- Ancestral Quest Basics v14.00.8 in Windows 8
- Original authors: Gaylon Findlay, Ben Buckwalter
- Developers: Incline Software, LC
- Release: 1994; 32 years ago
- Stable release: v16 Build 8 / 23 September 2020; 5 years ago
- Operating system: Windows 2000 and later
- Size: 19 MB
- Available in: 16 languages
- List of languages Chinese, Danish, English, Finnish, French, German, Hungarian, Japanese, Korean, Norwegian, Polish, Portuguese, Russian, Spanish, Swedish, Turkish
- Type: Genealogy software
- License: Proprietary software
- Website: www.ancquest.com

= Ancestral Quest =

Ancestral Quest (AQ) is a genealogy software application for Microsoft Windows developed by Incline Software, LC. It features data entry with sourcing capabilities and scrapbook extensions; a print engine for standard or custom charts and reports; a web page creator; a collaboration engine; and an extension tool for other genealogy databases.
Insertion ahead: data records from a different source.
-- ===== src/Unpacker/Present.antt =====
-- What is there after unpacking.
use groot_btrfs.Base.{
  ◌≡◌, sym, Bool, not, ◌&&◌, true, false, List, [], ◌∷◌, ◌++◌, arith, All, subst,
}
use groot_btrfs.Base.Int.{ℤ, pos, add64}
use groot_btrfs.Base.Str.{Str, codes, contains_str}
use groot_btrfs.Base.Effect.{M, ⊤, succeeded, pure, ◌>>◌, lift, wrapping}
use groot_btrfs.Puller.{UnpackSpec}
use groot_btrfs.Unpacker.{
  TarUnpacker, TarHeader, Entry, Typeflag, make_directory, create_directory, create_link,
  open_regular, create_regular_file, handle_typed, handle_entry, entry_path, unpack_entry,
  unpack_entries, safe_mkdir, change_root, unpack, output_of,
}
use groot_btrfs.Unpacker.Effects.{Keeps, Leaves, Keeps-pure, Keeps-bind, Leaves-first, Leaves-last}
use groot_btrfs.Unpacker.Keep.{
  IsFileSystem, create_directory-Keeps, create_regular_file-Keeps, rest_of_file-Keeps,
  rest_of_directory-Keeps,
}

abbrev pub is_symlink : Typeflag → Bool
is_symlink Typeflag.symlink = true
is_symlink _ = false

-- Directories and regular files.
abbrev pub is_plain : Typeflag → Bool
is_plain Typeflag.directory = true
is_plain Typeflag.regular = true
is_plain _ = false

-- An entry that only adds: it is no whiteout, and no symbolic link, which removes what is in its
-- place. What lies at a path in a removed one is not told by the paths where there are symbolic links.
abbrev pub only_adds : {Content : Type 0} → Entry Content → Bool
only_adds e =
    not (contains_str e.header.name (codes ".wh..wh..opq"))
    && not (contains_str e.header.name (codes ".wh."))
    && not (is_symlink e.header.typeflag)

module _ {W Stream Content File : Type 0} (there : W → Str → Bool)
    (u : TarUnpacker W Stream Content File) where
  module _ (F : IsFileSystem there u) (spec : UnpackSpec Stream) where
    handle_typed-Keeps :
        (q path : Str) (t : Typeflag) (e : Entry Content)
        → is_symlink t ≡ false
        → Keeps there q (handle_typed u t path e spec)
    unfolding handle_typed create_link
    handle_typed-Keeps q path Typeflag.block e h = Keeps-pure there q (pos 0)
    handle_typed-Keeps q path Typeflag.char e h = Keeps-pure there q (pos 0)
    handle_typed-Keeps q path Typeflag.other e h = Keeps-pure there q (pos 0)
    handle_typed-Keeps q path Typeflag.link e h =
        Keeps-bind there q _ _ (F.link_keeps q path e.header.linkname)
          (λ _. Keeps-pure there q (pos 0))
    handle_typed-Keeps q path Typeflag.symlink e h = absurd (cc h)
    handle_typed-Keeps q path Typeflag.directory e h =
        Keeps-bind there q _ _ (create_directory-Keeps there u F q path e.header spec)
          (λ _. Keeps-pure there q (pos 0))
    handle_typed-Keeps q path Typeflag.regular e h =
        create_regular_file-Keeps there u F q path e.header e.content spec

    unpack_entry-Keeps :
        (q : Str) (e : Entry Content) → only_adds e ≡ true → Keeps there q (unpack_entry u spec e)
    unfolding unpack_entry handle_entry
    unpack_entry-Keeps q e adds =
        let no_opq : contains_str e.header.name (codes ".wh..wh..opq") ≡ false = ground arith in
        let no_wh : contains_str e.header.name (codes ".wh.") ≡ false = ground arith in
        rw (no_opq, no_wh)
          (handle_typed-Keeps q (entry_path u spec e) e.header.typeflag e (ground arith))

    unpack_entries-Keeps :
        (q : Str) (total : ℤ) (es : List (Entry Content))
        → All (λ e. only_adds e ≡ true) es
        → Keeps there q (unpack_entries u spec total es)
    unfolding unpack_entries
    unpack_entries-Keeps q total [] all = Keeps-pure there q total
    unpack_entries-Keeps q total (e ∷ es) all =
        Keeps-bind there q _ _ (unpack_entry-Keeps q e all.0)
          (λ size. unpack_entries-Keeps q (add64 total size) es all.1)

    make_directory-Leaves :
        (path : Str) (header : TarHeader) → Leaves there path (make_directory u path header)
    unfolding make_directory
    make_directory-Leaves path header = record {
      left = λ w done. ground (
        arith,
        (F.stat_leaves path).left w,
        (F.mkdir_leaves path header.mode).left (u.os.stat path w).1,
      );
    }

    create_directory-Leaves :
        (path : Str) (header : TarHeader) → Leaves there path (create_directory u path header spec)
    unfolding create_directory
    create_directory-Leaves path header =
        Leaves-first there path _ _ (make_directory-Leaves path header)
          (λ _. rest_of_directory-Keeps there u F path path header spec)

    open_regular-Leaves :
        (path : Str) (header : TarHeader) → Leaves there path (open_regular u path header)
    unfolding open_regular
    open_regular-Leaves path header = record {
      left = λ w done. ground (arith, (F.open_leaves path header.mode).left w);
    }

    create_regular_file-Leaves :
        (path : Str) (header : TarHeader) (content : Content)
        → Leaves there path (create_regular_file u path header content spec)
    unfolding create_regular_file
    create_regular_file-Leaves path header content =
        Leaves-first there path _ _ (open_regular-Leaves path header)
          (rest_of_file-Keeps there u F path path header content spec)

    handle_typed-Leaves :
        (path : Str) (t : Typeflag) (e : Entry Content)
        → is_plain t ≡ true
        → Leaves there path (handle_typed u t path e spec)
    unfolding handle_typed
    handle_typed-Leaves path Typeflag.directory e h =
        Leaves-first there path _ _ (create_directory-Leaves path e.header)
          (λ _. Keeps-pure there path (pos 0))
    handle_typed-Leaves path Typeflag.regular e h =
        create_regular_file-Leaves path e.header e.content
    handle_typed-Leaves path Typeflag.block e h = absurd (cc (h))
    handle_typed-Leaves path Typeflag.char e h = absurd (cc (h))
    handle_typed-Leaves path Typeflag.other e h = absurd (cc (h))
    handle_typed-Leaves path Typeflag.link e h = absurd (cc (h))
    handle_typed-Leaves path Typeflag.symlink e h = absurd (cc (h))

    unpack_entry-Leaves :
        (e : Entry Content)
        → contains_str e.header.name (codes ".wh..wh..opq") ≡ false
        → contains_str e.header.name (codes ".wh.") ≡ false
        → is_plain e.header.typeflag ≡ true
        → Leaves there (entry_path u spec e) (unpack_entry u spec e)
    unfolding unpack_entry handle_entry
    unpack_entry-Leaves e no_opq no_wh plain =
        rw (no_opq, no_wh) (handle_typed-Leaves (entry_path u spec e) e.header.typeflag e plain)

    unpack_entries-Leaves :
        (total : ℤ) (before : List (Entry Content)) (e : Entry Content)
        (after : List (Entry Content))
        → contains_str e.header.name (codes ".wh..wh..opq") ≡ false
        → contains_str e.header.name (codes ".wh.") ≡ false
        → is_plain e.header.typeflag ≡ true
        → All (λ a. only_adds a ≡ true) after
        → Leaves there (entry_path u spec e) (unpack_entries u spec total (before ++ (e ∷ after)))
    unfolding unpack_entries
    unpack_entries-Leaves total [] e after no_opq no_wh plain spared =
        Leaves-first there (entry_path u spec e) _ _ (unpack_entry-Leaves e no_opq no_wh plain)
          (λ size. unpack_entries-Keeps (entry_path u spec e) (add64 total size) after spared)
    unpack_entries-Leaves total (b ∷ before) e after no_opq no_wh plain spared =
        Leaves-last there (entry_path u spec e) (unpack_entry u spec b)
          (λ size. unpack_entries u spec (add64 total size) (before ++ (e ∷ after)))
          (λ size.
            unpack_entries-Leaves (add64 total size) before e after no_opq no_wh plain spared)

    -- After a successful `unpack`, a directory or a regular file of the archive, whose name has no
    -- whiteout mark, is there, where no later entry is a whiteout or a symbolic link.
    pub unpack_there :
        (w : W) (before : List (Entry Content)) (e : Entry Content) (after : List (Entry Content))
        → u.entries spec.stream ≡ before ++ (e ∷ after)
        → contains_str e.header.name (codes ".wh..wh..opq") ≡ false
        → contains_str e.header.name (codes ".wh.") ≡ false
        → is_plain e.header.typeflag ≡ true
        → All (λ a. only_adds a ≡ true) after
        → succeeded (unpack u spec w).0 ≡ true
        → there (unpack u spec w).1 (entry_path u spec e) ≡ true
    unfolding unpack
    unpack_there w before e after entries no_opq no_wh plain spared done =
        let q = entry_path u spec e in
        let all = u.entries spec.stream in
        let loop : Leaves there q (unpack_entries u spec (pos 0) all) =
          subst (λ es. Leaves there q (unpack_entries u spec (pos 0) es)) (sym entries)
            (unpack_entries-Leaves (pos 0) before e after no_opq no_wh plain spared) in
        let ending : M W ⊤ = lift (u.ending spec.stream) in
        let finish = λ (total : ℤ).
          Keeps-bind there q ending (λ _. pure (output_of total)) (record { kept = λ v h. h })
            (λ _. Keeps-pure there q (output_of total)) in
        (Leaves-last there q (safe_mkdir u spec.target_path 0o755) _ (λ _.
            Leaves-last there q
              (wrapping (codes "failed to chroot") (change_root u spec.target_path)) _
              (λ _.
                Leaves-first there q (unpack_entries u spec (pos 0) all)
                  (λ total. ending >> pure (output_of total)) loop finish))).left
          w done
Ancestral Quest was the first desktop genealogy software program to be certified to access, update, and synchronize with newer versions of FamilySearch.

== Languages ==
Developed in English, Ancestral Quest allows for translation to other languages using language modules. These user-created files allow Ancestral Quest screens and reports to be translated or customized. A user can create his or her own language module, or leverage the module of someone else. The Danish, French, German, Norwegian, and Spanish language modules are completely translated. The Chinese, Finnish, and Swedish language modules currently have all basic screens and reports translated.

== Features ==
- Creates a family tree, documenting sources and adding scrapbook items
- Researches the Internet with search engine interfaces
- Prints standard and custom charts, reports or books
- Creates web pages
- Imports and exports GEDCOM files
- Extends the use of other databases, such as Personal Ancestral File or FamilySearch
- Can be used on a flash drive
- Collaborate with other researchers, using a single master database
- Can convert Personal Ancestral File (PAF) files

== History ==

===Version history ===
- Ancestral Quest 1.0: 1994
- Ancestral Quest 1.1: 1995
- Ancestral Quest 2.0: 1996
- Ancestral Quest 2.1: 1997
- Ancestral Quest 3.0: 1999
- Ancestral Quest 10.0: 2002 - collaboration, research manager, global find/replace, PAF5.x support, fan charts, enhanced reporting
- Ancestral Quest 11.0: 2003 - memorize source citations, detailed change log, print to PDF, drop line charts, online IGI lookups
- Ancestral Quest 12.0: 2007 - individual summary screen, language translation, UNICODE
- Ancestral Quest 12.1: 2008 - link and sync with new FamilySearch, flash drive support
- Ancestral Quest 12.1: 2010 - Build 23 - Switched to FamilyTree API Version 2 for nFS, display age at marriage/death on family view, added ghost lines between children on family view, minor bug fixes
- Ancestral Quest 12.1: 2010 - Build 26 - Allows use of external viewer for photos, Improved Check/Repair, Assorted Bug Fixes
- Ancestral Quest 14.0: 2012 - Research Timeline, Color Coding, Tags, improvements to fan charts, FamilySearch Family Tree, LDS features
- Ancestral Quest 14.0: 2015 - Mac Version available 19 August 2015
- Ancestral Quest 15.0: 2016
- Ancestral Quest 16.0: 2019

=== AQ technology in other products ===
In 1998, AQ was licensed for resale through Individual Software, and has been sold by them under the names of "Family Ties", "Family Trees Quick & Easy", "Heritage Family Tree Deluxe", and "Family Tree Heritage". In 1999, the AQ code was licensed to the LDS Church and became the base of the Windows versions of Personal Ancestral File. Millions of copies of PAF have been distributed. In 2001, the AQ code was licensed to Ancestry.com, and became the base of Ancestry Family Tree. Nearly a million copies of AFT were distributed.

=== Company history ===
In 1998, Incline Software merged with The Hope Foundation. In 2001, this merger ended
 and Incline Software again became the custodian of AQ.